Each line below from the one containing "(missing x e p)" through the one containing "m) (after_crd s))" should be output exactly as it stands, and no other line should appear.
_ _ _ _
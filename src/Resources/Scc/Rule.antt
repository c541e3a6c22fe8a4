-- ===== src/Resources/Scc/Rule.antt =====
-- The ways in which `EnsureResource` of the constraints can end, as one rule.
use nfs_provisioner_operator.Base.{true, false, [], ◌∷◌, ◌++◌, ◌≡◌, refl, inl, inr, Bool-cases}
use nfs_provisioner_operator.Base.Exec.{Outcome, ok, err, Reply, found, failed, call, ◌>>=◌}
use nfs_provisioner_operator.Kube.Security.{SecurityContextConstraints}
use nfs_provisioner_operator.Api.{NfsProvisioner}
use nfs_provisioner_operator.Cluster.{
  Platform, custom_resource_definition, security_context_constraints,
}
use nfs_provisioner_operator.Kube.Storage.{CustomResourceDefinition}
use nfs_provisioner_operator.Resources.Scc.{
  crd_key, scc_key, user_to_add, user_exists, build_scc, add_user, is_nil, ensure_if, on_reply,
  ensure_resource,
}

module _ (P : Platform) where
  open P use {State, Error, is_not_found, get, create, update}

  -- The constraints with the user that `EnsureResource` adds.
  abbrev pub with_user : NfsProvisioner → SecurityContextConstraints → SecurityContextConstraints
  with_user m scc = record scc { users = scc.users ++ user_to_add m.metadata.namespace ∷ [] }

  -- The states and the answer after the reads of the definition and of the constraints.
  abbrev pub after_crd : State → State
  after_crd s = (get custom_resource_definition crd_key s).1

  abbrev pub after_scc : State → State
  after_scc s = (get security_context_constraints scc_key (after_crd s)).1

  abbrev pub scc_reply : State → Reply Error SecurityContextConstraints
  scc_reply s = (get security_context_constraints scc_key (after_crd s)).0

  module _ (m : NfsProvisioner) (s : State) (R : Outcome Error (Unit {0}) × State → Type 0) where
    found_rule :
        (scc : SecurityContextConstraints)
        → (user_exists m.metadata.namespace scc.users ≡ true → R (ok tt, (after_scc s)))
        → (user_exists m.metadata.namespace scc.users ≡ false
            → R (call (update security_context_constraints (with_user m scc)) (after_scc s)))
        → R (add_user P m scc (after_scc s))
    unfolding add_user
    found_rule scc old new = elim (Bool-cases (user_exists m.metadata.namespace scc.users)) [
      | inl p ↦ rw p (old p)
      | inr p ↦ rw p (new p)
    ]

    pub scc_rule :
        ((e : Error)
          → (get custom_resource_definition crd_key s).0 ≡ failed e
          → R (ok tt, (after_crd s)))
        → ((scc : SecurityContextConstraints)
            → (scc_reply s) ≡ found scc
            → user_exists m.metadata.namespace scc.users ≡ true
            → R (ok tt, (after_scc s)))
        → ((scc : SecurityContextConstraints)
            → (scc_reply s) ≡ found scc
            → user_exists m.metadata.namespace scc.users ≡ false
            → R (call (update security_context_constraints (with_user m scc)) (after_scc s)))
        → ((e : Error)
            → (scc_reply s) ≡ failed e
            → is_not_found e ≡ true
            → R (call (create security_context_constraints (build_scc P m)) (after_scc s)))
        → ((e : Error)
            → (scc_reply s) ≡ failed e
            → is_not_found e ≡ false
            → R (err e, (after_scc s)))
        → R (ensure_resource P m s)
    unfolding ensure_resource
    scc_rule skipped old new missing broken =
        by_crd (get custom_resource_definition crd_key s).0 refl
      where
        by_scc :
            (reply : Reply Error SecurityContextConstraints)
            → (scc_reply s) ≡ reply
            → R (on_reply P m reply (after_scc s))
        by_scc (found scc) e = found_rule scc (old scc e) (new scc e)
        by_scc (failed x) e = elim (Bool-cases (is_not_found x)) [
          | inl p ↦ rw p (missing x e p)
          | inr p ↦ rw p (broken x e p)
        ]

        by_crd :
            (reply : Reply Error CustomResourceDefinition)
            → (get custom_resource_definition crd_key s).0 ≡ reply
            → R ((is_nil P reply >>= ensure_if P m) (after_crd s))
        by_crd (found _) e = by_scc (scc_reply s) refl
        by_crd (failed x) e = skipped x e
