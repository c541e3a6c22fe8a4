-- ===== src/Resources/Scc/Promise.antt =====
-- What the manager of the constraints ensures.
use nfs_provisioner_operator.Base.{
  true, none, some, [], ◌∷◌, ◌++◌, ◌≡◌, refl, sym, ◌∙◌, ap, subst, inl,
}
use nfs_provisioner_operator.Base.Lists.{Elem, Elem-append_left}
use nfs_provisioner_operator.Base.Exec.{ok, found, failed, call_rule, returned_ok}
use nfs_provisioner_operator.Kube.Meta.{NamespacedName, key_of}
use nfs_provisioner_operator.Kube.Security.{SecurityContextConstraints}
use nfs_provisioner_operator.Api.{NfsProvisioner}
use nfs_provisioner_operator.Cluster.{
  Kind, Object, Platform, custom_resource_definition, security_context_constraints,
}
use nfs_provisioner_operator.Cluster.Laws.{View, IsLawful, HasHelpers, key, IsOther, settings}
use nfs_provisioner_operator.Cluster.Growth.{
  Ref, Growing, Growing-of_eq, Growing-trans, Growing-one, Grows-refl,
}
use nfs_provisioner_operator.Resources.Scc.{
  crd_key, scc_key, user_to_add, user_exists, build_scc, ensure_resource,
}
use nfs_provisioner_operator.Resources.Scc.Users.{user_exists-added, user_exists-grow}
use nfs_provisioner_operator.Resources.Scc.Rule.{
  with_user, after_crd, after_scc, scc_reply, scc_rule,
}

some_injective : (x y : SecurityContextConstraints) → some x ≡ some y → x ≡ y
some_injective x y p = cc

abbrev pub scc_ref : Ref
scc_ref = (security_context_constraints, scc_key)

-- The constraints exist, and have a user for the resource's namespace.
abbrev pub SccReady : NfsProvisioner → View → Type 0
SccReady m v =
    (scc : SecurityContextConstraints) × (v security_context_constraints scc_key ≡ some scc)
    × (user_exists m.metadata.namespace scc.users ≡ true)

pub SccReady-grow : (m : NfsProvisioner) (v w : View) → Growing v w → SccReady m v → SccReady m w
SccReady-grow m v w g (scc, here, listed) =
    let (more, there, sub) = g.at security_context_constraints scc_key scc here in
    (more, there, user_exists-grow m.metadata.namespace scc.users more.users sub.1 listed)

module _ (P : Platform) (L : IsLawful P) (H : HasHelpers P) (m : NfsProvisioner) where
  open P use {State, Error, is_not_found, get, create, update}
  open L use {view, view-get}

  pub view-after_crd : (s : State) → view (after_crd P s) ≡ view s
  view-after_crd s = view-get custom_resource_definition crd_key s

  pub view-after_scc : (s : State) → view (after_scc P s) ≡ view s
  view-after_scc s =
      view-get security_context_constraints scc_key (after_crd P s) ∙ view-after_crd s

  pub key-build_scc : key security_context_constraints (build_scc P m) ≡ scc_key
  unfolding build_scc
  key-build_scc = ap key_of (H.references_only m _)

  users-build_scc : (build_scc P m).users ≡ user_to_add m.metadata.namespace ∷ []
  unfolding build_scc
  users-build_scc = refl

  -- What is found is in the cluster.
  pub found-view :
      (s : State) (scc : SecurityContextConstraints)
      → scc_reply P s ≡ found scc
      → view (after_scc P s) security_context_constraints scc_key ≡ some scc
  found-view s scc e =
      ap (λ (v : View). v security_context_constraints scc_key)
        (view-get security_context_constraints scc_key (after_crd P s))
      ∙ L.get-found security_context_constraints scc_key (after_crd P s) scc e

  pub missing-view :
      (s : State) (e : Error)
      → scc_reply P s ≡ failed e
      → is_not_found e ≡ true
      → view s security_context_constraints scc_key ≡ none
  missing-view s e h p =
      ap (λ (v : View). v security_context_constraints scc_key) (sym (view-after_crd s))
      ∙ L.get-missing security_context_constraints scc_key (after_crd P s) e h p

  module _ (t : State) (scc : SecurityContextConstraints)
      (here : view t security_context_constraints scc_key ≡ some scc) where
    abbrev pub updated : State
    updated = (update security_context_constraints (with_user P m scc) t).1

    key-with_user : key security_context_constraints (with_user P m scc) ≡ scc_key
    key-with_user = L.key-view security_context_constraints scc_key t scc here

    -- A successful update leaves the constraints with the user added.
    pub updated_lem :
        (update security_context_constraints (with_user P m scc) t).0 ≡ none
        → (y : SecurityContextConstraints) × (view updated security_context_constraints scc_key
            ≡ some y)
          × (settings y ≡ settings scc)
          × (y.users ≡ scc.users ++ user_to_add m.metadata.namespace ∷ [])
    updated_lem done =
        let (y, e) =
          L.update-stays security_context_constraints (with_user P m scc) t done
            (L.held-view security_context_constraints scc_key t scc here) in
        let stored = L.update-done security_context_constraints (with_user P m scc) t y done e in
        (
          y,
          subst (λ n. view updated security_context_constraints n ≡ some y) key-with_user e,
          stored.1,
          stored.0,
        )

    pub updated-frame :
        (j : Kind) (i : NamespacedName)
        → IsOther security_context_constraints scc_key j i
        → view updated j i ≡ view t j i
    updated-frame j i other =
        L.update-other security_context_constraints (with_user P m scc) t j i
          (λ (p, q). other (p, q ∙ key-with_user))

    updated-grows :
        (update security_context_constraints (with_user P m scc) t).0 ≡ none
        → Growing (view t) (view updated)
    updated-grows done =
        Growing-one (view t) (view updated) security_context_constraints scc_key updated-frame
          λ x e.
            let (y, there, same, users) = updated_lem done in
            let is_scc : x ≡ scc = some_injective x scc (sym e ∙ here) in
            (
              y,
              there,
              (
                same ∙ ap settings (sym is_scc),
                λ u listed. subst (Elem u) (sym users) (
                    Elem-append_left u scc.users _
                      (subst (λ (o : SecurityContextConstraints). Elem u o.users) is_scc listed)),
              ),
            )

  pub scc-grows : (s : State) → Growing (view s) (view (ensure_resource P m s).1)
  scc-grows s =
      scc_rule P m s (λ p. Growing (view s) (view p.1))
        (λ e _. Growing-of_eq _ _ (view-after_crd s))
        (λ scc _ _. Growing-of_eq _ _ (view-after_scc s))
        (λ scc e _.
          call_rule (λ p. Growing (view s) (view p.1))
            (update security_context_constraints (with_user P m scc)) (after_scc P s)
            (λ done.
              Growing-trans _ _ _ (Growing-of_eq _ _ (view-after_scc s))
                (updated-grows (after_scc P s) scc (found-view s scc e) done))
            (λ x bad. Growing-of_eq _ _ (
              L.update-failed security_context_constraints (with_user P m scc) _ x bad
              ∙ view-after_scc s)))
        (λ e _ _. record {
          at = λ k n x here. (
            x,
            L.create-keeps security_context_constraints (build_scc P m) (after_scc P s) k n x
                (ap (λ (v : View). v k n) (view-after_scc s) ∙ here),
            Grows-refl k x,
          );
        })
        (λ e _ _. Growing-of_eq _ _ (view-after_scc s))

  pub scc-frame :
      (s : State) (k : Kind) (n : NamespacedName)
      → ¬ Elem (k, n) (scc_ref ∷ [])
      → view (ensure_resource P m s).1 k n ≡ view s k n
  scc-frame s k n other =
      scc_rule P m s (λ p. view p.1 k n ≡ view s k n)
        (λ e _. ap (λ (v : View). v k n) (view-after_crd s)) (λ scc _ _. same)
        (λ scc e _. updated-frame _ scc (found-view s scc e) k n differs ∙ same)
        (λ e _ _.
          L.create-other security_context_constraints (build_scc P m) (after_scc P s) k n
            (λ q. differs (q.0, q.1 ∙ key-build_scc))
          ∙ same)
        (λ e _ _. same)
    where
      same : view (after_scc P s) k n ≡ view s k n
      same = ap (λ (v : View). v k n) (view-after_scc s)

      differs : IsOther security_context_constraints scc_key k n
      differs q = other (inl (cc (q.0, q.1)))

  pub scc-quiet : (s : State) → SccReady m (view s) → view (ensure_resource P m s).1 ≡ view s
  scc-quiet s (scc, here, listed) =
      scc_rule P m s (λ p. view p.1 ≡ view s) (λ e _. view-after_crd s) (λ o _ _. view-after_scc s)
        (λ o e new.
          let same : o ≡ scc = some_injective o scc (
            sym (found-view s o e)
            ∙ ap (λ (v : View). v security_context_constraints scc_key) (view-after_scc s)
            ∙ here) in
          cc (
            ap (λ (x : SecurityContextConstraints). user_exists m.metadata.namespace x.users) same))
        (λ e h p. cc (here, missing-view s e h p)) (λ e _ _. view-after_scc s)

  -- With the definition in the cluster, success leaves the constraints ready.
  pub scc-makes :
      (s : State) (crd : Object custom_resource_definition)
      → (get custom_resource_definition crd_key s).0 ≡ found crd
      → (ensure_resource P m s).0 ≡ ok tt
      → SccReady m (view (ensure_resource P m s).1)
  scc-makes s crd seen =
      scc_rule P m s (λ p. p.0 ≡ ok tt → SccReady m (view p.1)) (λ e missed h. cc)
        (λ scc e old h. (scc, found-view s scc e, old))
        (λ scc e new h.
          let (y, there, _, users) = updated_lem _ scc (found-view s scc e) (returned_ok _ h) in
          (y, there, rw users (user_exists-added m.metadata.namespace scc.users)))
        (λ e _ _ h.
          let (x, there, stored) =
            L.create-done security_context_constraints (build_scc P m) (after_scc P s)
              (returned_ok _ h) in
          (
            x,
            subst
                (λ n.
                  view (create security_context_constraints (build_scc P m) (after_scc P s)).1
                    security_context_constraints n
                  ≡ some x)
                key-build_scc there,
            rw (stored.0 ∙ users-build_scc) (user_exists-added m.metadata.namespace []),
          ))
        (λ e _ _ h. cc)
_ _ _ _
- RESULT OF THIS EXERCISE
          | inl p ↦ rw p (missing x e p)
          | inr p ↦ rw p (broken x e p)
        ]

        by_crd :
            (reply : Reply Error CustomResourceDefinition)
            → (get custom_resource_definition crd_key s).0 ≡ reply
            → R ((is_nil P reply >>= ensure_if P m) (after_crd s))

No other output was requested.